● **Task input**:
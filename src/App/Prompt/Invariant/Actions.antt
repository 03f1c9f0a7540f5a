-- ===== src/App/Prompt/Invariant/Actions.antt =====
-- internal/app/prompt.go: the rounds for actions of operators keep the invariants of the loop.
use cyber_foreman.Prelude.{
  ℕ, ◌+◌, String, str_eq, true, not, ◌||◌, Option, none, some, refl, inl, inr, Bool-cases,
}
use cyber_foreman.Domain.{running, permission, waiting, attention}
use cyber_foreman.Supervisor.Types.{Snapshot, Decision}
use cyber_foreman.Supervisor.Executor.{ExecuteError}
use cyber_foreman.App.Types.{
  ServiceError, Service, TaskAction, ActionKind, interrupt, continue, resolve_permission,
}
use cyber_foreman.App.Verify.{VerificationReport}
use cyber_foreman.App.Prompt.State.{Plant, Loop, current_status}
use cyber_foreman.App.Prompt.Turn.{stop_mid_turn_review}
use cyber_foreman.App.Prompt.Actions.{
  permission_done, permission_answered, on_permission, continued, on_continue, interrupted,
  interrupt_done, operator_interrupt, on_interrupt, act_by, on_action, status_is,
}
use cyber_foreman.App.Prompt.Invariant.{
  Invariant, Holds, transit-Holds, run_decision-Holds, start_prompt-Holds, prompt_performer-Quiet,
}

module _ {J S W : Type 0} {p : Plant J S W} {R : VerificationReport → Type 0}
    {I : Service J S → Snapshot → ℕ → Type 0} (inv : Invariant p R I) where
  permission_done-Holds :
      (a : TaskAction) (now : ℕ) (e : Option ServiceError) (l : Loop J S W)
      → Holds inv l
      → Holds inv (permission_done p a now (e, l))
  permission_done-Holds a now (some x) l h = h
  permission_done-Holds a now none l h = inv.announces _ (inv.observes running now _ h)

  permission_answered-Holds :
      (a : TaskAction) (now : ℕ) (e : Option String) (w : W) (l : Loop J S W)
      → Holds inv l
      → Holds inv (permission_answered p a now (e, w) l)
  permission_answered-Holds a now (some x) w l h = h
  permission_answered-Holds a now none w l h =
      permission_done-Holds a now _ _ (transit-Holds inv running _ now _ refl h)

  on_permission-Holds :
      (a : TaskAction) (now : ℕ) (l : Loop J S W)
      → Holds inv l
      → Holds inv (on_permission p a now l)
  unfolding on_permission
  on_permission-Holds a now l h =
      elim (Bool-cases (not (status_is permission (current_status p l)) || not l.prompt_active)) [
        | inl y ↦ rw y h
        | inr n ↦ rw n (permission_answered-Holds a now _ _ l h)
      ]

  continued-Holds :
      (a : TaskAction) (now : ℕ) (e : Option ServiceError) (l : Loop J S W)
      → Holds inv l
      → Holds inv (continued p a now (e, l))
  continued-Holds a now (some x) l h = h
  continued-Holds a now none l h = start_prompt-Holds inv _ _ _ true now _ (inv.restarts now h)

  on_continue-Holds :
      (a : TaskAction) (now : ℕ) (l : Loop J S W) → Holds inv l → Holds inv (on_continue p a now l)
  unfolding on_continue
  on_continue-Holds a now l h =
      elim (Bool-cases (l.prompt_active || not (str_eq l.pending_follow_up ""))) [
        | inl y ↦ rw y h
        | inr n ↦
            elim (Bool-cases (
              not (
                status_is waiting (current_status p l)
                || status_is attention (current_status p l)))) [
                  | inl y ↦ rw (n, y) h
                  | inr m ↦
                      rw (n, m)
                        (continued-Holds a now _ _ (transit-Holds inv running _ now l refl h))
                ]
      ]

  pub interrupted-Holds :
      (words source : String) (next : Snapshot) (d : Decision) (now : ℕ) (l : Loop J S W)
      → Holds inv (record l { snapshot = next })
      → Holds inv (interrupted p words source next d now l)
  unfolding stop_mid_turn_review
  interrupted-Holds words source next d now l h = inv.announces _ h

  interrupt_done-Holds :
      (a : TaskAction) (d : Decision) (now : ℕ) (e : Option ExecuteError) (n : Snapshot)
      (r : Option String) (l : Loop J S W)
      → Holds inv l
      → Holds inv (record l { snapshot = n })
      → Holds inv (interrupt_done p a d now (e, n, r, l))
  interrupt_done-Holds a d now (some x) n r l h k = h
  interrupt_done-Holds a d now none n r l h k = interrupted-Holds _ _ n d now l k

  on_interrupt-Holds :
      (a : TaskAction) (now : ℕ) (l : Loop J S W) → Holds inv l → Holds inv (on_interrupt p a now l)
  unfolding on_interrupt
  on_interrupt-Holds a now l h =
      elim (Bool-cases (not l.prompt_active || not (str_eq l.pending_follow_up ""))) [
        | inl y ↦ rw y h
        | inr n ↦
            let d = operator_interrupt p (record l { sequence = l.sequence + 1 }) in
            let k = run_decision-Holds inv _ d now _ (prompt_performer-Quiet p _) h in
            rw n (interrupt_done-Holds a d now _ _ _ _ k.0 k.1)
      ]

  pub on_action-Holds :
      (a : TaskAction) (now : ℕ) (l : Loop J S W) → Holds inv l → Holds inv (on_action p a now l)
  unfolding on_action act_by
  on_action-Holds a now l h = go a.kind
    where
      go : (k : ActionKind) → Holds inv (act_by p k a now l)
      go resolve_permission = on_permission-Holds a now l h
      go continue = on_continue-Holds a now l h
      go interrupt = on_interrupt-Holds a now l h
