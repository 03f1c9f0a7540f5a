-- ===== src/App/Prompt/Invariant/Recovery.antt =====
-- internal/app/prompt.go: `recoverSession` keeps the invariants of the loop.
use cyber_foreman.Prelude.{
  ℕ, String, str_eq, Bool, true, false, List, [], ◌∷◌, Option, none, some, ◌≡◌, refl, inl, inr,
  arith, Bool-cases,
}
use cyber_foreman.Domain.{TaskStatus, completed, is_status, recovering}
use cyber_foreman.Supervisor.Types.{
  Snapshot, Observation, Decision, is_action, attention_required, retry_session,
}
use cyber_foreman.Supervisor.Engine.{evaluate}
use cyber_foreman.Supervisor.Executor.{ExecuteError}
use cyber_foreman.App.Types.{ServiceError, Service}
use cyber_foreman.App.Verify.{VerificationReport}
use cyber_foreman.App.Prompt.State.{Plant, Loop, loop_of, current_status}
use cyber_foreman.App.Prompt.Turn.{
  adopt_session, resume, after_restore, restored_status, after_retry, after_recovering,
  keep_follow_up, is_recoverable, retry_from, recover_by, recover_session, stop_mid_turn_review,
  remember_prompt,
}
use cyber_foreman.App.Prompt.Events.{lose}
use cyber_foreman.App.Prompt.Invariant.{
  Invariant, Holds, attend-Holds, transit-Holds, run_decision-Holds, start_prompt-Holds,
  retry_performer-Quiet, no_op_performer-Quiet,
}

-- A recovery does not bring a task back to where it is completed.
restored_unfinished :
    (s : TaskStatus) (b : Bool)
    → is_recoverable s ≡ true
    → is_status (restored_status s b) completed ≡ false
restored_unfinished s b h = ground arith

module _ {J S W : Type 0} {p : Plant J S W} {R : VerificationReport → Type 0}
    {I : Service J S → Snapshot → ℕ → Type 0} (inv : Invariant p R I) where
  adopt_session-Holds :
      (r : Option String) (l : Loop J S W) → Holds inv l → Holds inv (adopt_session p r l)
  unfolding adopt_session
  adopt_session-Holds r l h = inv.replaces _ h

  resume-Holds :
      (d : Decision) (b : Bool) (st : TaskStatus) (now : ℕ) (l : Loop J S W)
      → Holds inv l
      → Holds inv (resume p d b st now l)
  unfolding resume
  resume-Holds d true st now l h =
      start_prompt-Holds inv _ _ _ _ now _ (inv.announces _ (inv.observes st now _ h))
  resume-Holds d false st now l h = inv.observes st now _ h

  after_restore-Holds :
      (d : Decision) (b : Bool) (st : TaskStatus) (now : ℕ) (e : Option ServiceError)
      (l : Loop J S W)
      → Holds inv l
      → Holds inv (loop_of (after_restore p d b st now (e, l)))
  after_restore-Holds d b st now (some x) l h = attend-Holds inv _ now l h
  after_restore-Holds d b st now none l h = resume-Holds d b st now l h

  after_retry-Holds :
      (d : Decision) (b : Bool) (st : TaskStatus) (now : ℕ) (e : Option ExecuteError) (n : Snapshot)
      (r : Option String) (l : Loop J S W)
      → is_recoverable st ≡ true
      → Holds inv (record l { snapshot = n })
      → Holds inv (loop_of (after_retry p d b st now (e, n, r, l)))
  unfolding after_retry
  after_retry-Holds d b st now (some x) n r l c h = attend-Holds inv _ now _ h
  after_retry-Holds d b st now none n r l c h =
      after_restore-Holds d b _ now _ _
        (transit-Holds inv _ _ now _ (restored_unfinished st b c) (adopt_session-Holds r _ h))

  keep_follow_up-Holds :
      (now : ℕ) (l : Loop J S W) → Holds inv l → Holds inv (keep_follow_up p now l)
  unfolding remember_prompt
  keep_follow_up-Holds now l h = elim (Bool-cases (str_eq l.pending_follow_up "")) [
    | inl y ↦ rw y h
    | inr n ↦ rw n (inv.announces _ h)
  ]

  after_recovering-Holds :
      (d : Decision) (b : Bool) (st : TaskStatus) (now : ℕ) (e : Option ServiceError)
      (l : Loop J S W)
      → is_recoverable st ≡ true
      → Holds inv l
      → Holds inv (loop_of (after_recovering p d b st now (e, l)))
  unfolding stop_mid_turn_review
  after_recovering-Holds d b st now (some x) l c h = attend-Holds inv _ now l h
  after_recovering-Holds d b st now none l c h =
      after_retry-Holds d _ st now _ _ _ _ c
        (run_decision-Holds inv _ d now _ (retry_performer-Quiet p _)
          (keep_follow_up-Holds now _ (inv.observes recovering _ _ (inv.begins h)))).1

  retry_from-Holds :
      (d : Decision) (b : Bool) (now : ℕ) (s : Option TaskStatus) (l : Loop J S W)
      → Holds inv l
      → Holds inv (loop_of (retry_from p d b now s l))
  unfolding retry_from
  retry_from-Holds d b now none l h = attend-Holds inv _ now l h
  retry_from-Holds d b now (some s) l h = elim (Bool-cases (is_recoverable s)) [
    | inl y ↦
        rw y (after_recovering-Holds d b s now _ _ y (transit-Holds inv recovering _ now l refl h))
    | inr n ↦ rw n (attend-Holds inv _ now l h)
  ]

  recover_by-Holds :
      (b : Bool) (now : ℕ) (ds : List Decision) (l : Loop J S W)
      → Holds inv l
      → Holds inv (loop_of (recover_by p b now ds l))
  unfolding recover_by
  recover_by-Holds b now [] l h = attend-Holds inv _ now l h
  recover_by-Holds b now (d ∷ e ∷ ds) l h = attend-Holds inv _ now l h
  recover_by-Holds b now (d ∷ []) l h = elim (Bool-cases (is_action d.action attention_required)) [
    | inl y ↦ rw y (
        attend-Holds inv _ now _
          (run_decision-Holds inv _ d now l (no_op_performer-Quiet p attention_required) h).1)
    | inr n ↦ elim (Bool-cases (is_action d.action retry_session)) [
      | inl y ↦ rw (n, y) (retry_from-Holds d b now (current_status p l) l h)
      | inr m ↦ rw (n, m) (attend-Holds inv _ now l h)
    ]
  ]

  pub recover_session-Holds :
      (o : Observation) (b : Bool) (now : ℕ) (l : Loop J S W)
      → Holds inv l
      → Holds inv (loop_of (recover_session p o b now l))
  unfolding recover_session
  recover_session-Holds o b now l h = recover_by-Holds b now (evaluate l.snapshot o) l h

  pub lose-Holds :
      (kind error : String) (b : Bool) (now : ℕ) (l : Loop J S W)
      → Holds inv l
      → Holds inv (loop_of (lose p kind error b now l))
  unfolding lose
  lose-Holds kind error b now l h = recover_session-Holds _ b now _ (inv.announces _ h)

● **Work request**: Provide the number of lines in the entries that include "observes", and no other text.

● **Solution to this exercise**: 4